Mumbai: Flagging difficulties in getting top talent at public sector banks, the Reserve Bank of India (RBI) governor Raghuram Rajan on Tuesday said they tend to over-pay at the bottom but under-pay their top executives, even as he rued, albeit jokingly, himself being “under-paid”.
“One of the problems, of course, is that as with all public sector entities, you overpay at the bottom and underpay at the top… Yes, you feel that you are doing the job for the broader public but you just make it harder to attract top talent, specially a lateral entry,” Rajan said here while talking about public sector banks.
Addressing a banking conference in Mumbai, the outgoing RBI governor jokingly added, “I also feel under-paid.” As per the latest data on monthly salaries made public by RBI, Rajan’s total monthly emoluments stood at Rs.1,98,700 for the month of July 2015.
Rajan, on-leave professor of finance at Chicago University and former chief economist and the International Monetary Fund (IMF), will return to academia after his term at RBI ends on 4 September.
The top-level salary disclosures made by the banks in their respective annual reports show a sharp difference between the total remuneration paid at the public sector and private sector entities. Public sector behemoth State Bank of India’s (SBI’s) chairperson Arundhati Bhattacharya got just about Rs.31.1 lakhs in the fiscal year 2015-16, while private sector lender HDFC Bank Ltd’s managing director Aditya Puri’s total remuneration for the same period was more than 30-times higher at Rs.9.7 crore.
Rajan also suggested giving rewards like employee stock ownership plans (ESOPs) by public sector banks, which is very common in private sector, by taking advantage of the current low share valuations of public sector banks. Rajan said a better payscale at bottom levels can also be a source of opportunity, and pointed out that RBI’s compensation packages even for class III employees are attractive enough to get really highly qualified people in. “We get lot of engineers, MBAs even in class III jobs. Our strategy has been to try and expand opportunities these people have while saying that you are not just there for clerical work, we are asking you to do much more value,” he said.

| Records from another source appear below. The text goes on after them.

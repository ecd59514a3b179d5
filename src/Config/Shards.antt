-- ===== src/Config/Shards.antt =====
-- `MAX_SHARDS` of src/cfg.rs against `MAX_THREADS`, which it is computed from.
use native.Mathlib.Nat.{pow-suc}
use native.Mathlib.Decide.{dec_lt}
use sharded_slab.Base.{ℕ, suc, ◌+◌, ◌-◌, ◌*◌, ◌^◌, ◌≤◌, ◌<◌, ◌≡◌, ap, inl, inr, arith}
use sharded_slab.Word.Fields.{two_pow-pos}
use sharded_slab.Word.Powers.{two_pow_mono}
use sharded_slab.Config.{Config, max_shards}
use sharded_slab.Config.Valid.{IsConfig, threads_rounded, max_shards_lem}

module _ {c : Config} (v : IsConfig c) where
  exponent_lem : (k : ℕ) → c.max_threads ≡ 2 ^ k + 1 → (threads_rounded v).exponent ≡ k
  exponent_lem k h = elim (dec_lt k (threads_rounded v).exponent) [
    | yes more ↦ absurd (elim (threads_rounded v).least [
      | inl e ↦ omega (arith, e, two_pow-pos k)
      | inr e ↦ omega (
        arith,
        e,
        pow-suc 2 k,
        two_pow_mono {a = suc k} {b = (threads_rounded v).exponent} (omega arith),
      )
    ])
    | no a ↦ elim (dec_lt (threads_rounded v).exponent k) [
      | yes less ↦ absurd (
          omega (
            arith,
            (threads_rounded v).covers,
            pow-suc 2 (threads_rounded v).exponent,
            two_pow-pos (threads_rounded v).exponent,
            two_pow_mono {a = suc (threads_rounded v).exponent} {b = k} less,
          ))
      | no b ↦ omega arith
    ]
  ]

  -- Where the number of the threads but one is a power of two, there is one shard less than threads.
  pub max_shards_short : (k : ℕ) → c.max_threads ≡ 2 ^ k + 1 → max_shards c + 1 ≡ c.max_threads
  max_shards_short k h = omega (arith, max_shards_lem v, ap (λ (t : ℕ). 2 ^ t) (exponent_lem k h))

  -- There is a shard for every thread but one, and fewer than twice as many as the others.
  max_shards-bounds :
      2 ≤ c.max_threads
      → (c.max_threads ≤ max_shards c + 1) × (max_shards c < 2 * (c.max_threads - 1))
  max_shards-bounds h = (
    omega (arith, max_shards_lem v, (threads_rounded v).covers),
    elim (threads_rounded v).least [
      | inl e ↦ absurd (omega (arith, e))
      | inr e ↦ omega (arith, e, max_shards_lem v)
    ],
  )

Rajan said while one of the strengths of the public sector sometimes is the absence of pay and promotion that is very sensitive to performance, too little sensitivity can also be a problem as high performers get demotivated, and the slothful are not penalized. An increased emphasis on performance evaluation, including identifying low performers with the intent of helping them improve, may be warranted, he said. “In addition, rewards like employee stock ownership plans that give all employees a stake in the future of the bank may be helpful. With public sector banks’ shares trading at such low levels, a small allocation to employees today may be a strong source of motivation, and can be a large source of wealth as performance improves,” the governor said.
The central bank chief said lateral hires are also important, but many banks as well as public institutions have strong aversion to lateral hires because they break the cadres. The governor said one of the difficulties public sector banks has is the court judgements that prohibit hiring from specific campuses.
It is an anomaly that the National Institute of Bank Management is supported by public sector banks’ funds, but sends most of its high quality graduates to work for private sector banks.
“Public sector banks can petition the courts to allow some modicum of campus hire, especially when the campus chooses openly through a national exam,” he said. Another alternative is to make bank entrance exams much less onerous to take, with applications, tests, and results, wherever possible, available quickly and online. “Banks then have an easier task of persuading students on elite campuses to take the exam. We are following this latter course at the RBI,” he said.
The governor said there is a need to be more liberal in allowing local hires. There are many places in the country where people may find it difficult to go, but local talent is available and can do a fantastic job. “To have local information, be comfortable with local culture, be locally accepted, and be competitive in low-cost rural areas. Public sector banks will have to have more freedom to hire locally, and pay wages commensurate with the local labour market,” he said.
Rajan said as banks adopt differentiated strategies, they should move away from common industry wide compensation structures and common industry wide promotion schemes across all public sector banks. Rajan said the thinning of middle management ranks in public sector banks can be viewed as an opportunity to draw in more younger people and promote them faster by giving them significantly more support in terms of training. “Yes, we cannot give them 25 years seasoning as we did in the past, but may be we can give them training. I know many of you are looking at these possibilities, including using online training schemes in order to do this,” the outgoing RBI governor concluded.